I have worked in many varied fields within the arts for fifty years as a performer, teacher, theatre designer, prop maker, production and project advisor, gallery director and curator and workshop coordinator.
My life long interest in making from salvaged elements has its roots in post war Britain, a time of austerity and uncertainty. My parents were politically and socially conscious, northern working class people and highly creative. They acquired skills out of necessity.
I trained as a dancer at the Ballet Rambert School under Dame Marie Rambert, dancing with her company in the sixties and, later, performing for other companies in Europe.
In 1967 I married dancer-choreographer Christopher Bruce.
My visual art studies began in 1975. I was privileged to be tutored by Prunella Clough during my M.A degree in Printmaking at Wimbledon School of Art.

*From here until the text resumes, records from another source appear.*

-- ===== src/Prelude/Int.antt =====
-- Signed integers over the native numbers, and the wrap-around of `int64` and `int`.
use Prim.Native.Nat.{ℕ, suc, ◌+◌, ◌-◌, ◌%◌, ◌^◌, ◌≤◌}
use mathlib.Core.Path.{◌≡◌}
use mathlib.Core.Bool.{Bool}
use native.Mathlib.Omega.{arith}
use localsend_nas.Prelude.Tests.{leb, ltb, ◌==◌, if◌then◌else◌}

-- `negsuc n` is -(n + 1).
pub data ℤ : Type 0 where
  pos : ℕ → ℤ
  negsuc : ℕ → ℤ

abbrev pub pos_part : ℤ → ℕ
pos_part (pos n) = n
pos_part (negsuc _) = 0

abbrev pub neg_part : ℤ → ℕ
neg_part (pos _) = 0
neg_part (negsuc n) = suc n

abbrev pub sub_ℕ : ℕ → ℕ → ℤ
sub_ℕ a b = if leb b a then pos (a - b) else negsuc (b - a - 1)

infix 50 ◌≤ℤ◌
abbrev pub ◌≤ℤ◌ : ℤ → ℤ → Type 0
a ≤ℤ b = pos_part a + neg_part b ≤ pos_part b + neg_part a

abbrev pub ltb_ℤ : ℤ → ℤ → Bool
ltb_ℤ a b = ltb (pos_part a + neg_part b) (pos_part b + neg_part a)

abbrev pub eqb_ℤ : ℤ → ℤ → Bool
eqb_ℤ a b = pos_part a + neg_part b == pos_part b + neg_part a

abbrev pub two_63 : ℕ
two_63 = 2 ^ 63

abbrev pub two_64 : ℕ
two_64 = 2 ^ 64

-- The int64 with the bit pattern `n`, for n < 2 ^ 64.
abbrev pub of_bits : ℕ → ℤ
of_bits n = if ltb n two_63 then pos n else negsuc (two_64 - n - 1)

-- The bit pattern of a value: its residue modulo 2 ^ 64.
abbrev pub to_bits : ℤ → ℕ
to_bits (pos n) = n % two_64
to_bits (negsuc n) = two_64 - 1 - n % two_64

-- int64 addition, which wraps around.
infixl 65 ◌+₆₄◌
unfoldable pub ◌+₆₄◌ : ℤ → ℤ → ℤ
a +₆₄ b = of_bits ((to_bits a + to_bits b) % two_64)

abbrev pub min_int64 : ℤ
min_int64 = negsuc (2 ^ 63 - 1)

abbrev pub max_int64 : ℤ
max_int64 = pos (2 ^ 63 - 1)

pub record IsInt64 (a : ℤ) : Type 0 where
  pub above : min_int64 ≤ℤ a
  pub below : a ≤ℤ max_int64

pub +₆₄-IsInt64 : (a b : ℤ) → IsInt64 (a +₆₄ b)
unfolding ◌+₆₄◌
+₆₄-IsInt64 a b = ground arith

-- A sum of naturals that fits is exact.
pub +₆₄_exact : (m n : ℕ) → m + n ≤ 2 ^ 63 - 1 → pos m +₆₄ pos n ≡ pos (m + n)
unfolding ◌+₆₄◌
+₆₄_exact m n h = ground arith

Cutting and carving wood blocks lead me into carpentry and the three dimensional world eventually connected me with stage and costume design.

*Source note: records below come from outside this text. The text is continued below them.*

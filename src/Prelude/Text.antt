-- ===== src/Prelude/Text.antt =====
-- Go strings as lists of bytes, with the functions of package `strings` that the program uses.
use Prim.Native.Nat.{ℕ, ◌+◌, ◌-◌, ◌/◌, ◌%◌}
use Prim.Native.Char.{code}
use Prim.Native.String.{String}
use mathlib.Core.Path.{◌≡◌, refl}
use mathlib.Core.Logic.{◌↔◌}
use mathlib.Core.Bool.{Bool, true, false, ◌&&◌, ◌||◌}
use mathlib.Core.List.{List, [], ◌∷◌, ◌++◌, map, reverse}
use native.Mathlib.Omega.{arith}
use localsend_nas.Prelude.Tests.{leb, ltb, ◌==◌, if◌then◌else◌}

abbrev pub Str : Type 0
Str = List ℕ

-- The bytes of an ASCII literal.
abbrev pub codes : String → Str
codes String.[] = []
codes (String.◌∷◌ c s) = code c ∷ codes s

unfoldable pub str_eq : Str → Str → Bool
str_eq [] [] = true
str_eq (a ∷ s) (b ∷ t) = a == b && str_eq s t
str_eq _ _ = false

pub str_eq_refl : (s : Str) → str_eq s s ≡ true
unfolding str_eq
str_eq_refl [] = refl
str_eq_refl (a ∷ s) = ground (arith, str_eq_refl s)

str_eq→eq : (s t : Str) → str_eq s t ≡ true → s ≡ t
unfolding str_eq
str_eq→eq [] [] h = refl
str_eq→eq [] (b ∷ t) h = ground arith
str_eq→eq (a ∷ s) [] h = ground arith
str_eq→eq (a ∷ s) (b ∷ t) h = ground (arith, str_eq→eq s t)

pub str_eq_iff : (s t : Str) → (str_eq s t ≡ true) ↔ (s ≡ t)
str_eq_iff s t = (str_eq→eq s t, λ e. rw e (str_eq_refl t))

-- strings.HasPrefix
unfoldable pub has_prefix : Str → Str → Bool
has_prefix s [] = true
has_prefix [] (b ∷ p) = false
has_prefix (a ∷ s) (b ∷ p) = a == b && has_prefix s p

-- The rest of a string behind a prefix that it has.
unfoldable pub drop_prefix : Str → Str → Str
drop_prefix s [] = s
drop_prefix [] (b ∷ p) = []
drop_prefix (a ∷ s) (b ∷ p) = drop_prefix s p

-- strings.TrimPrefix
unfoldable pub trim_prefix : Str → Str → Str
unfolding has_prefix drop_prefix
trim_prefix s p = if has_prefix s p then drop_prefix s p else s

pub has_prefix-append : (s p : Str) → has_prefix s p ≡ true → s ≡ p ++ drop_prefix s p
unfolding has_prefix drop_prefix
has_prefix-append s [] h = refl
has_prefix-append [] (b ∷ p) h = ground arith
has_prefix-append (a ∷ s) (b ∷ p) h = ground (arith, has_prefix-append s p)

-- strings.HasSuffix
unfoldable pub has_suffix : Str → Str → Bool
unfolding has_prefix
has_suffix s p = has_prefix (reverse s) (reverse p)

-- strings.TrimSuffix
unfoldable pub trim_suffix : Str → Str → Str
unfolding has_suffix drop_prefix
trim_suffix s p = if has_suffix s p then reverse (drop_prefix (reverse s) (reverse p)) else s

-- Does byte `c` stand in `s`?
unfoldable pub contains_byte : Str → ℕ → Bool
contains_byte [] c = false
contains_byte (a ∷ s) c = a == c || contains_byte s c

-- strings.ReplaceAll of one byte by one byte.
unfoldable pub replace_byte : ℕ → ℕ → Str → Str
replace_byte old new [] = []
replace_byte old new (a ∷ s) = (if a == old then new else a) ∷ replace_byte old new s

-- A byte put in front of the first part.
abbrev pub cons_head : ℕ → List Str → List Str
cons_head a [] = (a ∷ []) ∷ []
cons_head a (p ∷ ps) = (a ∷ p) ∷ ps

-- strings.Split by a one-byte separator: k separators give k + 1 parts.
unfoldable pub split : ℕ → Str → List Str
split sep [] = [] ∷ []
split sep (a ∷ s) = if a == sep then [] ∷ split sep s else cons_head a (split sep s)

-- strings.Join with a one-byte separator.
unfoldable pub join : ℕ → List Str → Str
join sep [] = []
join sep (p ∷ []) = p
join sep (p ∷ q ∷ ps) = p ++ sep ∷ join sep (q ∷ ps)

-- unicode-free strings.ToUpper of one byte: exact on ASCII.
unfoldable pub to_lower_byte : ℕ → ℕ
to_lower_byte c = if leb b'A' c && leb c b'Z' then c + 32 else c

-- strings.ToLower on ASCII text.
unfoldable pub to_lower : Str → Str
unfolding to_lower_byte
to_lower = map to_lower_byte

-- strings.ToUpper of one byte, exact on ASCII.
unfoldable pub to_upper_byte : ℕ → ℕ
to_upper_byte c = if leb b'a' c && leb c b'z' then c - 32 else c

-- strings.ToUpper on ASCII text.
unfoldable pub to_upper : Str → Str
unfolding to_upper_byte
to_upper = map to_upper_byte

-- The lower-case digit of hex.EncodeToString.
abbrev pub hex_digit : ℕ → ℕ
hex_digit d = if ltb d 10 then b'0' + d else b'a' + (d - 10)

-- hex.EncodeToString
unfoldable pub hex : Str → Str
hex [] = []
hex (c ∷ s) = hex_digit (c / 16) ∷ hex_digit (c % 16) ∷ hex s

-- strings.EqualFold on ASCII text.
unfoldable pub equal_fold : Str → Str → Bool
unfolding to_lower str_eq
equal_fold s t = str_eq (to_lower s) (to_lower t)

-- `<` on strings: bytewise lexicographic.
unfoldable pub str_lt : Str → Str → Bool
str_lt [] [] = false
str_lt [] (b ∷ t) = true
str_lt (a ∷ s) [] = false
str_lt (a ∷ s) (b ∷ t) = ltb a b || (a == b && str_lt s t)

pub has_prefix_of_append : (p t : Str) → has_prefix (p ++ t) p ≡ true
unfolding has_prefix
has_prefix_of_append [] t = refl
has_prefix_of_append (a ∷ p) t = ground (arith, has_prefix_of_append p t)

My practice is solitary and silent, similar in nature to the “Outsider” artists in its obsessive nature. Certain creators challenge and inform my making; their convictions sustain and support my intention to chart my own territory without constraint: they are, amongst others, Eva Hesse, Doris Salcedo, Michel Nedjar, Judith Scott, Miroslaw Balka, Louise Bourgeois and Ron Mueck.
Much of my visual art work has focused on the plight of the oppressed and the complex vulnerability of humanity, acknowledging the courage of damaged and desperate people in crisis worldwide.
Creative activity nurtures essential life enhancing attributes: curiosity, imagination, resourcefulness and independence – benefits which cannot be measured.
I invite a the viewer to engage, interpret and, hopefully, experience their own new perspectives.